- Born: Ellen B. Battelle 1847 Virginia
- Died: November 25, 1895 (aged 47–48) Boston, Massachusetts
- Other name: Ellen B. Dietrick
- Spouse: William A. Dietrick

= Ellen Battelle Dietrick =

American suffragist and author(1847–1895)

Ellen Battelle Dietrick (1847–1895) was an American suffragist and author who was active in the movement's organizations in Kentucky and Massachusetts. She was a core member of the group that published The Woman's Bible in the 1890s.

==Biography==
Ellen Virginia Batelle Dietrick was born in Virginia, one of several daughters of the Rev. Gordon Battelle and Maria (Tucker) Battelle. Her father had been a member of the convention that framed Virginia's constitution.

She married William A. Dietrick of Baltimore and they moved to Covington, Kentucky. There Dietrick established various organizations to aid women: a Women's Educational and Industrial Union, a day nursery, a cooperative bakery and cooking school, and a home for elderly women. She campaigned for civic reform in such areas as jail conditions and city government, and it was said of her that she "ran the town". In 1888, she was the founding vice-president of the Kentucky Equal Rights Association (KERA). The following year, Dietrick, KERA founder Laura Clay, and three other women established the Kentucky Lecture Bureau to provide free speakers on suffrage-related topics to clubs and civic organizations around the state.

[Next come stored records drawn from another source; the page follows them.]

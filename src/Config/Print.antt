-- ===== src/Config/Print.antt =====
-- What `rmt_config_print` of common/rmt_config.c prints is a configuration file for the same configuration.
use mathlib.Core.List.{append_assoc}
use rmt_library.Common.{
  ℕ, ◌%◌, ◌^◌, ◌<◌, ◌≡◌, ◌≢◌, refl, ap, Option, some, List, [], ◌∷◌, ◌++◌, Bytes, length, arith,
  All, ◌∙◌, sym, ℤ, print_int, atoi, atoi-print_int, low32, signed32, IsInt, signed32-low32,
  low32-signed32, signed32-IsInt, map, drop,
}
use rmt_library.Strings.{Free}
use rmt_library.Config.{
  Config, Field, interface, domain, switch_interface, log_file, timeout, id, datainfo, devinfo,
  keepalive, name_of, config_mapping, value_of, print_rows, config_print, read_file, init_rmt_cfg,
  store, put_low,
}
use rmt_library.Config.Scan.{IsWord}
use rmt_library.Config.Render.{
  Line, setting, unset, body, render, IsKey, IsLine, assign, assign_all, read_file-render,
}
use rmt_library.Config.Words.{print_int-IsValue, name_of-IsKey, find_field-name_of}

-- A configuration that a file can hold: texts of one word that fit their fields (only the interface may be
-- empty), and numbers that an `int` of the file can carry.
pub record IsPrintable (c : Config) : Type 0 where
  pub interface_word : IsWord c.net_interface
  pub interface_no_end : Free 0 c.net_interface
  pub interface_fits : length c.net_interface < 40
  pub logfile_word : IsWord c.logfile
  pub logfile_no_end : Free 0 c.logfile
  pub logfile_some : c.logfile ≢ []
  pub logfile_fits : length c.logfile < 40
  pub domain_int : IsInt c.domain_id
  pub auto_int : IsInt c.auto_detect_interface
  pub timeout_int : IsInt c.reply_timeout
  pub id_fits : c.device_id < 2 ^ 32
  pub datainfo_fits : c.datainfo_val_size < 2 ^ 32
  pub devinfo_fits : c.devinfo_size < 2 ^ 32
  pub keepalive_fits : c.keepalive_time < 2 ^ 32

-- the line of a row
abbrev line_with : Bytes → Bytes → Line
line_with name [] = unset name 1
line_with name (v ∷ value) = setting name 1 (v ∷ value)

abbrev row : Config → Field → Line
row c f = line_with (name_of f) (value_of f c)

body-line_with :
    (name value rest : Bytes)
    → body (line_with name value) ++ (10 ∷ rest) ≡ name ++ (b':' ∷ (b' ' ∷ (value ++ (10 ∷ rest))))
body-line_with name [] rest = append_assoc name (b':' ∷ (b' ' ∷ [])) (10 ∷ rest)
body-line_with name (v ∷ value) rest = append_assoc name (b':' ∷ (b' ' ∷ v ∷ value)) (10 ∷ rest)

print_rows-render :
    (fields : List Field) (c : Config) → print_rows fields c ≡ render (map (row c) fields)
unfolding print_rows
print_rows-render [] c = refl
print_rows-render (f ∷ fields) c =
    ap (λ l. name_of f ++ (b':' ∷ (b' ' ∷ (value_of f c ++ (10 ∷ l))))) (print_rows-render fields c)
    ∙ sym (body-line_with (name_of f) (value_of f c) (render (map (row c) fields)))

line_with-IsLine :
    (name value : Bytes)
    → IsKey name
    → length name < 17
    → IsWord value
    → Free 0 value
    → length value < 40
    → IsLine (line_with name value)
line_with-IsLine name [] k n w z s = (k, omega arith)
line_with-IsLine name (v ∷ value) k n w z s = record {
  named = k;
  value_some = cc;
  one_word = w;
  value_no_end = z;
  value_fits = omega arith;
  line_fits = omega arith;
}

of_int :
    (z : ℤ) → IsInt z → IsWord (print_int z) × Free 0 (print_int z) × (length (print_int z) < 40)
of_int z h = let v = print_int-IsValue z h in (v.one_word, v.no_end, v.short)

value_of-fits :
    (c : Config) (f : Field)
    → IsPrintable c
    → IsWord (value_of f c) × Free 0 (value_of f c) × (length (value_of f c) < 40)
value_of-fits c interface p = (p.interface_word, p.interface_no_end, p.interface_fits)
value_of-fits c log_file p = (p.logfile_word, p.logfile_no_end, p.logfile_fits)
value_of-fits c domain p = of_int c.domain_id p.domain_int
value_of-fits c switch_interface p = of_int c.auto_detect_interface p.auto_int
value_of-fits c timeout p = of_int c.reply_timeout p.timeout_int
value_of-fits c id p =
    of_int (signed32 (c.device_id % 2 ^ 32)) (signed32-IsInt (c.device_id % 2 ^ 32) (omega arith))
value_of-fits c datainfo p =
    of_int (signed32 (c.datainfo_val_size % 2 ^ 32))
      (signed32-IsInt (c.datainfo_val_size % 2 ^ 32) (omega arith))
value_of-fits c devinfo p =
    of_int (signed32 (c.devinfo_size % 2 ^ 32))
      (signed32-IsInt (c.devinfo_size % 2 ^ 32) (omega arith))
value_of-fits c keepalive p =
    of_int (signed32 (c.keepalive_time % 2 ^ 32))
      (signed32-IsInt (c.keepalive_time % 2 ^ 32) (omega arith))

assign-line_with :
    (f : Field) (v : Bytes) (d : Config) → v ≢ [] → assign (line_with (name_of f) v) d ≡ store f v d
assign-line_with f [] d ne = absurd (ne refl)
assign-line_with f (x ∷ v) d ne = rw (find_field-name_of f, assign) refl

-- an `int` of the file, in a field of `int` size and in one of 64 bits
int_back : (z : ℤ) → IsInt z → signed32 (low32 (atoi (print_int z))) ≡ z
int_back z h = ap (λ y. signed32 (low32 y)) (atoi-print_int z) ∙ signed32-low32 z h

long_back :
    (n old : ℕ)
    → n < 2 ^ 32
    → old < 2 ^ 32
    → put_low (atoi (print_int (signed32 (n % 2 ^ 32)))) old ≡ n
long_back n old h k =
    let small : n % 2 ^ 32 ≡ n = omega arith in
    let back : low32 (atoi (print_int (signed32 n))) ≡ n =
      ap low32 (atoi-print_int (signed32 n)) ∙ low32-signed32 n h in
    rw small (omega (arith, back))

int_ne : (z : ℤ) → IsInt z → print_int z ≢ []
int_ne z h = (print_int-IsValue z h).value_some

long_ne : (n : ℕ) → print_int (signed32 (n % 2 ^ 32)) ≢ []
long_ne n = int_ne (signed32 (n % 2 ^ 32)) (signed32-IsInt (n % 2 ^ 32) (omega arith))

module _ (c : Config) (p : IsPrintable c) where
  read-interface :
      assign (row c interface) init_rmt_cfg
      ≡ some (record init_rmt_cfg { net_interface = c.net_interface })
  unfolding store
  read-interface = by_cases c.net_interface p.interface_fits
    where
      by_cases :
          (v : Bytes)
          → length v < 40
          → assign (line_with (name_of interface) v) init_rmt_cfg
            ≡ some (record init_rmt_cfg { net_interface = v })
      by_cases [] h = refl
      by_cases (x ∷ v) h = ground arith

  read-logfile : (d : Config) → assign (row c log_file) d ≡ some (record d { logfile = c.logfile })
  unfolding store
  read-logfile d =
      assign-line_with log_file c.logfile d p.logfile_some ∙ ground (arith, p.logfile_fits)

  read-domain : (d : Config) → assign (row c domain) d ≡ some (record d { domain_id = c.domain_id })
  unfolding store
  read-domain d =
      assign-line_with domain (print_int c.domain_id) d (int_ne c.domain_id p.domain_int)
      ∙ ap (λ z. let x : Config = record d { domain_id = z } in some x)
          (int_back c.domain_id p.domain_int)

  read-switch :
      (d : Config)
      → assign (row c switch_interface) d
        ≡ some (record d { auto_detect_interface = c.auto_detect_interface })
  unfolding store
  read-switch d =
      assign-line_with switch_interface (print_int c.auto_detect_interface) d
        (int_ne c.auto_detect_interface p.auto_int)
      ∙ ap (λ z. let x : Config = record d { auto_detect_interface = z } in some x)
          (int_back c.auto_detect_interface p.auto_int)

  read-timeout :
      (d : Config) → assign (row c timeout) d ≡ some (record d { reply_timeout = c.reply_timeout })
  unfolding store
  read-timeout d =
      assign-line_with timeout (print_int c.reply_timeout) d (int_ne c.reply_timeout p.timeout_int)
      ∙ ap (λ z. let x : Config = record d { reply_timeout = z } in some x)
          (int_back c.reply_timeout p.timeout_int)

  read-id :
      (d : Config)
      → d.device_id < 2 ^ 32
      → assign (row c id) d ≡ some (record d { device_id = c.device_id })
  unfolding store
  read-id d h =
      assign-line_with id (print_int (signed32 (c.device_id % 2 ^ 32))) d (long_ne c.device_id)
      ∙ ap (λ z. let x : Config = record d { device_id = z } in some x)
          (long_back c.device_id d.device_id p.id_fits h)

  read-datainfo :
      (d : Config)
      → d.datainfo_val_size < 2 ^ 32
      → assign (row c datainfo) d ≡ some (record d { datainfo_val_size = c.datainfo_val_size })
  unfolding store
  read-datainfo d h =
      assign-line_with datainfo (print_int (signed32 (c.datainfo_val_size % 2 ^ 32))) d
        (long_ne c.datainfo_val_size)
      ∙ ap (λ z. let x : Config = record d { datainfo_val_size = z } in some x)
          (long_back c.datainfo_val_size d.datainfo_val_size p.datainfo_fits h)

  read-devinfo :
      (d : Config)
      → d.devinfo_size < 2 ^ 32
      → assign (row c devinfo) d ≡ some (record d { devinfo_size = c.devinfo_size })
  unfolding store
  read-devinfo d h =
      assign-line_with devinfo (print_int (signed32 (c.devinfo_size % 2 ^ 32))) d
        (long_ne c.devinfo_size)
      ∙ ap (λ z. let x : Config = record d { devinfo_size = z } in some x)
          (long_back c.devinfo_size d.devinfo_size p.devinfo_fits h)

  read-keepalive :
      (d : Config)
      → d.keepalive_time < 2 ^ 32
      → assign (row c keepalive) d ≡ some (record d { keepalive_time = c.keepalive_time })
  unfolding store
  read-keepalive d h =
      assign-line_with keepalive (print_int (signed32 (c.keepalive_time % 2 ^ 32))) d
        (long_ne c.keepalive_time)
      ∙ ap (λ z. let x : Config = record d { keepalive_time = z } in some x)
          (long_back c.keepalive_time d.keepalive_time p.keepalive_fits h)

  then_rows :
      (f : Field) (fields : List Field) (d : Config) {d' : Config} {o : Option Config}
      → assign (row c f) d ≡ some d'
      → assign_all (map (row c) fields) d' ≡ o
      → assign_all (map (row c) (f ∷ fields)) d ≡ o
  then_rows f fields d e g = rw (e, assign_all) g

  rows-IsLine : (fields : List Field) → All IsLine (map (row c) fields)
  rows-IsLine [] = tt
  rows-IsLine (f ∷ fields) =
      let (k, n) = name_of-IsKey f in
      let (w, z, s) = value_of-fits c f p in
      (line_with-IsLine (name_of f) (value_of f c) k n w z s, rows-IsLine fields)

  rows_back : assign_all (map (row c) config_mapping) init_rmt_cfg ≡ some c
  rows_back =
      let d₁ : Config = record init_rmt_cfg { net_interface = c.net_interface } in
      let d₂ : Config = record d₁ { domain_id = c.domain_id } in
      let d₃ : Config = record d₂ { auto_detect_interface = c.auto_detect_interface } in
      let d₄ : Config = record d₃ { logfile = c.logfile } in
      let d₅ : Config = record d₄ { reply_timeout = c.reply_timeout } in
      let d₆ : Config = record d₅ { device_id = c.device_id } in
      let d₇ : Config = record d₆ { datainfo_val_size = c.datainfo_val_size } in
      let d₈ : Config = record d₇ { devinfo_size = c.devinfo_size } in
      then_rows interface (drop 1 config_mapping) init_rmt_cfg read-interface (
        then_rows domain (drop 2 config_mapping) d₁ (read-domain d₁) (
          then_rows switch_interface (drop 3 config_mapping) d₂ (read-switch d₂) (
            then_rows log_file (drop 4 config_mapping) d₃ (read-logfile d₃) (
              then_rows timeout (drop 5 config_mapping) d₄ (read-timeout d₄) (
                then_rows id (drop 6 config_mapping) d₅ (read-id d₅ (omega arith)) (
                  then_rows datainfo (drop 7 config_mapping) d₆ (read-datainfo d₆ (omega arith)) (
                    then_rows devinfo (drop 8 config_mapping) d₇ (read-devinfo d₇ (omega arith)) (
                      then_rows keepalive (drop 9 config_mapping) d₈
                        (read-keepalive d₈ (omega arith)) refl))))))))

-- The lines that `rmt_config_print` logs for a configuration are, without the prefix of the log, a configuration
-- file that is read back, from the defaults, to exactly that configuration: if its texts are single
-- words that fit their fields (the name of the log file not empty), its `int` fields hold an `int`,
-- and its other numbers are below 2^32.
pub read_file-config_print :
    (c : Config) → IsPrintable c → read_file (config_print c) init_rmt_cfg ≡ some c
read_file-config_print c p = rw (print_rows-render config_mapping c) (
    read_file-render (map (row c) config_mapping) init_rmt_cfg (rows-IsLine c p config_mapping)
    ∙ rows_back c p)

She served in other official capacities in the national suffrage movement. After moving to Boston, she served as state organizer and general agent for the Massachusetts Woman Suffrage Association (1892) and secretary of the New England Woman Suffrage Association (ca. 1895). In the 1890s, she also served as the chair of press work for the National American Woman Suffrage Association (NAWSA). She later served as president of the Boston Suffrage League (founded in 1903 by William Monroe Trotter).

Dietrick lectured on equal rights and wrote for various publications, including the Woman's Journal. Her main topic was equal rights, but her 1889 book The Families of John and Jake is a treatise on the relations between labor and capital, following two families, one prosperous, and the other poor. Her last book, Women in the Early Christian Ministry, a refutation of Christian teachings that relegated women to second-class status in the world, was published posthumously in 1897. While it covered a broad ground, it included arguments aimed specifically at New York Bishop William Croswell Doane, who had spoken out strongly against universal suffrage.

Dietrick was a member of the Revising Committee for The Woman's Bible, a version with extended commentary challenging the orthodox Christian view of women's subservience to men. She lived to see only Part I published, in 1895, the year she died. Part II, published in 1898, included five commentaries signed by Dietrick and was dedicated to her memory as "the ablest member of our revising committee". One recent biblical scholar credits Dietrick as the first person to publish (in Part I of The Woman's Bible) the theory that "most of Hebrew Scripture, including the Books of Kings, was composed in the Hasmonean era", now a common view of revisionist biblical historians. This same scholar also notes that Dietrich has not been given due credit for being the progenitor of this thesis.

Dietrick died in Boston on November 25, 1895, at the age of 48 and was remembered at the following year's NAWSA convention as an exceptional advocate and writer for the suffragist cause. She is buried at Forest Hills Cemetery in Jamaica Plain, Massachusetts.

==Publications==
- Women in the Early Christian Ministry: A Reply to Bishop Doane, and Others (Philadelphia: Alfred J. Ferris, 1897)
- (Cincinnati: Robert Clarke, 1889)
- , Popular Science, vol. 44, no. 33, 1894, p. 481ff.